Leadless Pacemakers Clearing the Way

New technologies promise to do away with a major source of complications from cardiac resynchronization therapy devices

On a recent spring day William Cohn, a surgeon at the Texas Heart Institute, waited for a call he hoped would not come. In an operating room near his office doctors worked to extract wires that had been threaded through a 55-year-old female patient’s blood vessels from her pacemaker to her heart. The wires had broken, as happens all too often with pacemaker leads, and now they had to be removed without damaging the patient’s blood vessels. Cohn was on call in case damage did occur and had to be patched in a hurry.
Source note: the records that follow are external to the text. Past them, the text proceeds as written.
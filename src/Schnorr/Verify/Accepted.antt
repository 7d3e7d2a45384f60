-- ===== src/Schnorr/Verify/Accepted.antt =====
-- schnorr.rs, `schnorr_verify_impl`: what an accepted signature satisfies.
use mathlib.Core.List.{reverse, reverse_aux}
use near_mock.Base.{
  ℕ, zero, suc, ◌+◌, ◌*◌, ◌%◌, ◌^◌, ◌≤◌, ◌<◌, ◌≡◌, ◌⊎◌, inl, inr, refl, sym, ap, subst, ◌∙◌, Bool,
  true, false, ◌||◌, List, [], ◌∷◌, Option, none, some, Bytes, arith, length, take, drop, ltb, ◌==◌,
  if◌then◌else◌, Bool-cases,
}
use near_mock.Base.{ℕ_eq, bytes_Key, bytes_eq_iff}
use native.Mathlib.Nat.{pow-suc}
use near_mock.Base.Modular.{mod-mul}
use near_mock.Schnorr.Limbs.{value, IsLimbs}
use near_mock.Schnorr.Field.{n_limbs, p, p_limbs, fe_mod_n, fe_sub}
use near_mock.Schnorr.Field.Laws.{IsFe, fe_add-value, fe_mod_n-value}
use near_mock.Schnorr.Product.{fe_mul, fe_sqr}
use near_mock.Schnorr.Product.Laws.{fe_mul-value}
use near_mock.Schnorr.Power.{fe_sqrt}
use near_mock.Schnorr.Power.Laws.{fe_sqrt-value}
use near_mock.Schnorr.Octets.{be_bytes_to_fe, limbs_of_le, from_le_bytes}
use near_mock.Schnorr.Curve.{Pt, is_zero}
use near_mock.Schnorr.Verify.{
  curve_rhs, lift_x, challenge, r_point, accepts, schnorr_verify_impl, seven, is_odd,
}
use near_mock.Schnorr.Verify.Even.{is_odd-value, fe_sub-negated, square-negated}

abbrev pub AllBytes : Bytes → Type 0
AllBytes [] = Unit
AllBytes (b ∷ r) = (b < 256) × AllBytes r

from_le_bytes-lt : (n : ℕ) (bs : Bytes) → AllBytes bs → from_le_bytes (take n bs) < 256 ^ n
unfolding from_le_bytes
from_le_bytes-lt zero bs h = omega arith
from_le_bytes-lt (suc n) [] h = omega (arith, from_le_bytes-lt n [] tt, pow-suc 256 n)
from_le_bytes-lt (suc n) (b ∷ r) h = omega (arith, from_le_bytes-lt n r h.1, h.0, pow-suc 256 n)

drop-AllBytes : (n : ℕ) (bs : Bytes) → AllBytes bs → AllBytes (drop n bs)
drop-AllBytes zero bs h = h
drop-AllBytes (suc n) [] h = h
drop-AllBytes (suc n) (b ∷ r) h = drop-AllBytes n r h.1

take-AllBytes : (n : ℕ) (bs : Bytes) → AllBytes bs → AllBytes (take n bs)
take-AllBytes zero bs h = tt
take-AllBytes (suc n) [] h = h
take-AllBytes (suc n) (b ∷ r) h = (h.0, take-AllBytes n r h.1)

limbs_of_le-IsLimbs : (n : ℕ) (bs : Bytes) → AllBytes bs → IsLimbs n (limbs_of_le n bs)
unfolding limbs_of_le
limbs_of_le-IsLimbs zero bs h = tt
limbs_of_le-IsLimbs (suc n) bs h = (
  omega (arith, from_le_bytes-lt 8 bs h),
  limbs_of_le-IsLimbs n (drop 8 bs) (drop-AllBytes 8 bs h),
)

reverse_aux-AllBytes : (bs acc : Bytes) → AllBytes bs → AllBytes acc → AllBytes (reverse_aux bs acc)
reverse_aux-AllBytes [] acc h k = k
reverse_aux-AllBytes (b ∷ r) acc h k = reverse_aux-AllBytes r (b ∷ acc) h.1 (h.0, k)

be_bytes_to_fe-IsLimbs : (bs : Bytes) → AllBytes bs → IsLimbs 4 (be_bytes_to_fe bs)
unfolding be_bytes_to_fe
be_bytes_to_fe-IsLimbs bs h = limbs_of_le-IsLimbs 4 (reverse bs) (reverse_aux-AllBytes bs [] h tt)

is_zero-false : (n : ℕ) (a : List ℕ) → IsLimbs n a → is_zero a ≡ false → 0 < value a
unfolding is_zero
is_zero-false zero [] h e = cc
is_zero-false zero (x ∷ r) h e = elim h [ ]
is_zero-false (suc n) [] h e = elim h [ ]
is_zero-false (suc n) (x ∷ r) h e = ground (arith, is_zero-false n r h.1, e)

-- The point that BIP-340 gives a public key: its abscissa is the key's number, and its ordinate the
-- even canonical root of x^3 + 7 modulo p.
abbrev pub IsKey : List ℕ → Pt → Type 0
IsKey x point =
    (point.x ≡ x)
    × (point.inf ≡ false)
    × IsFe point.y
    × (value point.y * value point.y % p ≡ (value x * value x * value x + 7) % p)
    × (value point.y % 2 ≡ 0)

curve_rhs-value :
    (x : List ℕ)
    → IsLimbs 4 x
    → IsFe (curve_rhs x) × (value (curve_rhs x) ≡ (value x * value x * value x + 7) % p)
unfolding curve_rhs
curve_rhs-value x h =
    let (fe2, square) = fe_mul-value x x h h in
    let (fe3, cube) = fe_mul-value (fe_mul x x) x fe2.0 h in
    let (fe, total) = fe_add-value (fe_mul (fe_mul x x) x) seven fe3 (omega arith, omega arith) in
    (
      fe,
      total
          ∙ sum _ _
              (cube ∙ ap (λ s. s * value x % p) square ∙ mod-mul (value x * value x) (value x) p),
    )
  where
    sum : (t u : ℕ) → t ≡ u % p → (t + value seven) % p ≡ (u + 7) % p
    sum t u e = omega (arith, e)

fe_sqr-value : (y : List ℕ) → IsFe y → value (fe_sqr y) ≡ value y * value y % p
unfolding fe_sqr
fe_sqr-value y h = (fe_mul-value y y h.0 h.0).1

not_none : (pt : Pt) → ¬ (some pt ≡ none)
not_none pt e = cc

some-eq : (a b : Pt) → some a ≡ some b → a ≡ b
some-eq a b e = cc

-- The even one of a root and its negative.
even : List ℕ → List ℕ
even y = if is_odd y then fe_sub p_limbs y else y

even-value :
    (y : List ℕ)
    → IsFe y
    → IsFe (even y)
      × (value (even y) * value (even y) % p ≡ value y * value y % p)
      × (value (even y) % 2 ≡ 0)
unfolding even
even-value y h = elim (Bool-cases (is_odd y)) [
  | inl odd ↦
      let one : value y % 2 ≡ 1 = ground (arith, sym (is_odd-value y h.0) ∙ odd) in
      let (fe, total) = fe_sub-negated y h (omega (arith, one)) in
      rw (odd, even)
        (fe, square-negated (value y) (value (fe_sub p_limbs y)) total, omega (arith, one, total))
  | inr other ↦ rw (other, even) (h, refl, ground (arith, sym (is_odd-value y h.0) ∙ other))
]

lift_x-IsKey : (x : List ℕ) (point : Pt) → IsLimbs 4 x → lift_x x ≡ some point → IsKey x point
unfolding lift_x even
lift_x-IsKey x point h e = elim (Bool-cases (fe_sqr (fe_sqrt (curve_rhs x)) == curve_rhs x)) [
  | inr missing ↦ absurd (not_none point (sym e ∙ rw (missing, lift_x) refl))
  | inl found ↦
      let (fe, rhs) = curve_rhs-value x h in
      let y = fe_sqrt (curve_rhs x) in
      let y_fe = (fe_sqrt-value (curve_rhs x) fe.0).0 in
      let (even_fe, same, parity) = even-value y y_fe in
      let root =
        sym (fe_sqr-value y y_fe)
        ∙ ap value ((bytes_eq_iff (fe_sqr y) (curve_rhs x)).0 found)
        ∙ rhs in
      let lifted : lift_x x ≡ some (record { x = x; y = even y; inf = false }) =
        rw (found, lift_x) refl in
      subst (IsKey x) (some-eq _ _ (sym lifted ∙ e)) (refl, refl, even_fe, same ∙ root, parity)
]

-- What an accepted signature satisfies: neither scalar is 0 modulo the order, the message has at most
-- 192 bytes, the public key is the abscissa of a point of the curve, and the point recomputed from the
-- one with an even ordinate passes the final test.
abbrev pub IsAccepted : Bytes → Bytes → Bytes → Type 0
IsAccepted pk sig msg =
    (0 < value (be_bytes_to_fe (take 32 sig)) % value n_limbs)
    × (0 < value (be_bytes_to_fe (drop 32 sig)) % value n_limbs)
    × (length msg ≤ 192)
    × ((point : Pt) × IsKey (be_bytes_to_fe pk) point
        × (accepts (be_bytes_to_fe (take 32 sig))
              (r_point (be_bytes_to_fe (drop 32 sig)) (challenge pk sig msg) point)
            ≡ true))

mod_n-positive :
    (a : List ℕ) → IsLimbs 4 a → is_zero (fe_mod_n a) ≡ false → 0 < value a % value n_limbs
mod_n-positive a h e =
    let (limbs, same) = fe_mod_n-value a h in
    subst (λ n. 0 < n) same (is_zero-false 4 (fe_mod_n a) limbs e)

-- A signature over bytes is either refused, or it satisfies `IsAccepted`.
pub schnorr_verify_impl-IsAccepted :
    (pk sig msg : Bytes)
    → AllBytes pk
    → AllBytes sig
    → (schnorr_verify_impl pk sig msg ≡ false) ⊎ IsAccepted pk sig msg
unfolding schnorr_verify_impl
schnorr_verify_impl-IsAccepted pk sig msg hp hs =
    go (is_zero (fe_mod_n r)) refl (is_zero (fe_mod_n s)) refl (lift_x (be_bytes_to_fe pk)) refl
  where
    r : List ℕ
    r = be_bytes_to_fe (take 32 sig)

    s : List ℕ
    s = be_bytes_to_fe (drop 32 sig)

    fe_r : IsLimbs 4 r
    fe_r = be_bytes_to_fe-IsLimbs (take 32 sig) (take-AllBytes 32 sig hs)

    fe_s : IsLimbs 4 s
    fe_s = be_bytes_to_fe-IsLimbs (drop 32 sig) (drop-AllBytes 32 sig hs)

    check : Bool → Bool → Option Pt → Bool
    check zr zs o = if zr || zs then false else elim o [
      | none ↦ false
      | some pt ↦
          if ltb 256 (64 + length msg)
          then false
          else accepts r (r_point s (challenge pk sig msg) pt)
    ]

    last :
        (pt : Pt) (long ok : Bool)
        → ltb 256 (64 + length msg) ≡ long
        → accepts r (r_point s (challenge pk sig msg) pt) ≡ ok
        → 0 < value r % value n_limbs
        → 0 < value s % value n_limbs
        → IsKey (be_bytes_to_fe pk) pt
        → ((if long then false else ok) ≡ false) ⊎ IsAccepted pk sig msg
    last pt true ok el eo zr zs c = inl refl
    last pt false false el eo zr zs c = inl refl
    last pt false true el eo zr zs c = inr (zr, zs, ground (arith, el), (pt, c, eo))

    go :
        (zr : Bool)
        → is_zero (fe_mod_n r) ≡ zr
        → (zs : Bool) → is_zero (fe_mod_n s) ≡ zs
        → (o : Option Pt) → lift_x (be_bytes_to_fe pk) ≡ o
        → (check zr zs o ≡ false) ⊎ IsAccepted pk sig msg
    go true er zs es o eo = inl refl
    go false er true es o eo = inl refl
    go false er false es none eo = inl refl
    go false er false es (some pt) eo =
        last pt (ltb 256 (64 + length msg)) (accepts r (r_point s (challenge pk sig msg) pt)) refl
          refl (mod_n-positive r fe_r er) (mod_n-positive s fe_s es)
          (lift_x-IsKey (be_bytes_to_fe pk) pt (be_bytes_to_fe-IsLimbs pk hp) eo)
Cardiac resynchronization therapy (CRT) devices, such as pacemakers, that are designed to electrically stimulate the heart to function normally fail to help as many as a third of patients who receive them each year, according to some studies . About 600,000 patients receive pacemakers worldwide every year. The leads connecting the devices to electrodes on or in the heart are a major cause of that failure and, as Cohn can attest from first-hand experience, they can lead to other problems as well. Leads may fracture, break or become dislodged, necessitating additional procedures for replacement.

But a new breed of leadless CRT devices have begun making their way into the market, and to doctors like Cohn they are the future. One such device is from a Silicon Valley start-up called EBR Systems. Its WiSE device features a leadless electrode the size of a grain of rice that attaches to the inside of the heart’s left ventricle via catheter. Once there, its piezoelectric materials generate a heart-stimulating electrical pulse in response to ultrasound energy beamed to it by another implant in the left chest cavity. “We’ve done [this in] 53 patients and we’ve had great results,” says EBR CEO Allan Will. “We’ve taken the failures from conventional cardiac resynchronization therapy and we’re fixing over 80 percent of them.”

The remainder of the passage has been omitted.